Oxygen Releasing Photosynthesis
Chloroplasts of higher plants and cyanobacteria both possess two photosystems with distinct reaction centres and antennas. Both operate at shorter wavelengths than photosynthetic bacteria. Electrons flow from H2O to photosystem II (which releases oxygen) to photosystem I to NADP.
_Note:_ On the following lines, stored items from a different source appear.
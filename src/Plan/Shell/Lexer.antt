-- ===== src/Plan/Shell/Lexer.antt =====
-- A tokeniser for the quoting rules of a POSIX shell. It splits a text into words and removes quotes,
-- and no more: what a shell makes of an unquoted first word, such as an assignment or a reserved
-- word, is not in it.
use Prim.Native.Char.{Char, code}
use soroban_upgrades.Base.{
  ℕ, String, Bool, ◌||◌, List, [], ◌∷◌, Option, none, some, ◌==◌, if◌then◌else◌, ◌≡◌, refl,
}

-- What a character is to the shell's tokeniser. `expands` is what the shell would replace or
-- interpret in double quotes too, and `special` what it would outside quotes.
pub data Class : Type 0 where
  space quote double_quote expands special ordinary : Class

abbrev pub is_expanding : ℕ → Bool
is_expanding c = c == b'$' || c == b'`' || c == b'\\'

-- `|&;<>()`, the pattern characters, `#`, `~`, `%`, `!`, the braces and the other blanks
abbrev pub is_special : ℕ → Bool
is_special c =
    c == b'|'
    || c == b'&'
    || c == b';'
    || c == b'<'
    || c == b'>'
    || c == b'('
    || c == b')'
    || c == b'*'
    || c == b'?'
    || c == b'['
    || c == b']'
    || c == b'#'
    || c == b'~'
    || c == b'%'
    || c == b'!'
    || c == b'{'
    || c == b'}'
    || c == 9
    || c == 10
    || c == 13

unfoldable pub classify : ℕ → Class
classify c =
    if c == b' '
    then space
    else if c == b'\''
    then quote
    else if c == b'"'
    then double_quote
    else if is_expanding c
    then expands
    else if is_special c
    then special
    else ordinary

pub data Mode : Type 0 where
  between bare single double : Mode

-- The rest of the word at hand, and the words after it.
abbrev pub Lexed : Type 0
Lexed = Option (String × List String)

abbrev pub push : Char → Lexed → Lexed
push c none = none
push c (some (w, ws)) = some (String.◌∷◌ c w, ws)

abbrev pub close : Lexed → Lexed
close none = none
close (some (w, ws)) = some ("", w ∷ ws)

-- It refuses an open quote, and a character of the classes `expands` and `special` where no quotes
-- keep it.
unfoldable pub lex : Mode → String → Lexed
lex between String.[] = some ("", [])
lex between (String.◌∷◌ c s) = elim (classify (code c)) [
  | space ↦ lex between s
  | quote ↦ close (lex single s)
  | double_quote ↦ close (lex double s)
  | ordinary ↦ close (push c (lex bare s))
  | _ ↦ none
]
lex bare String.[] = some ("", [])
lex bare (String.◌∷◌ c s) = elim (classify (code c)) [
  | space ↦ lex between s
  | quote ↦ lex single s
  | double_quote ↦ lex double s
  | ordinary ↦ push c (lex bare s)
  | _ ↦ none
]
lex single String.[] = none
lex single (String.◌∷◌ c s) = elim (classify (code c)) [
  | quote ↦ lex bare s
  | _ ↦ push c (lex single s)
]
lex double String.[] = none
lex double (String.◌∷◌ c s) = elim (classify (code c)) [
  | double_quote ↦ lex bare s
  | expands ↦ none
  | _ ↦ push c (lex double s)
]

abbrev pub words_of : Lexed → Option (List String)
words_of none = none
words_of (some (w, ws)) = some ws

-- The words of a command line.
unfoldable pub shell_words : String → Option (List String)
unfolding lex classify
shell_words s = words_of (lex between s)

sample : shell_words "a  'b c'd \"e'f\" ''" ≡ some ("a" ∷ "b cd" ∷ "e'f" ∷ "" ∷ [])
unfolding shell_words
sample = refl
PSI and PSII use red and green light respectively. PSI operates most efficiently when PSII is also working. Red light (700 nm) can be used efficiently even if green light is given as a flash before the red light is turned on. Hence the systems operate in sequence (PSII then PSI) and the electrons from PSII are needed for operation of PSI.
Components of Photosystem II
P680 is a pair of special reaction centre chlorophyll a molecules.
Phe is pheophytin (a chlorophyll derivative without the Mg).
QA and QB (= X320, in older diagrams) are plastoquinone which is similar in function to ubiquinone but found only in chloroplasts and cyanobacteria. As before, QA is fixed and QB is mobile. R is a long hydrophobic isoprenoid tail (40 to 50 carbons long).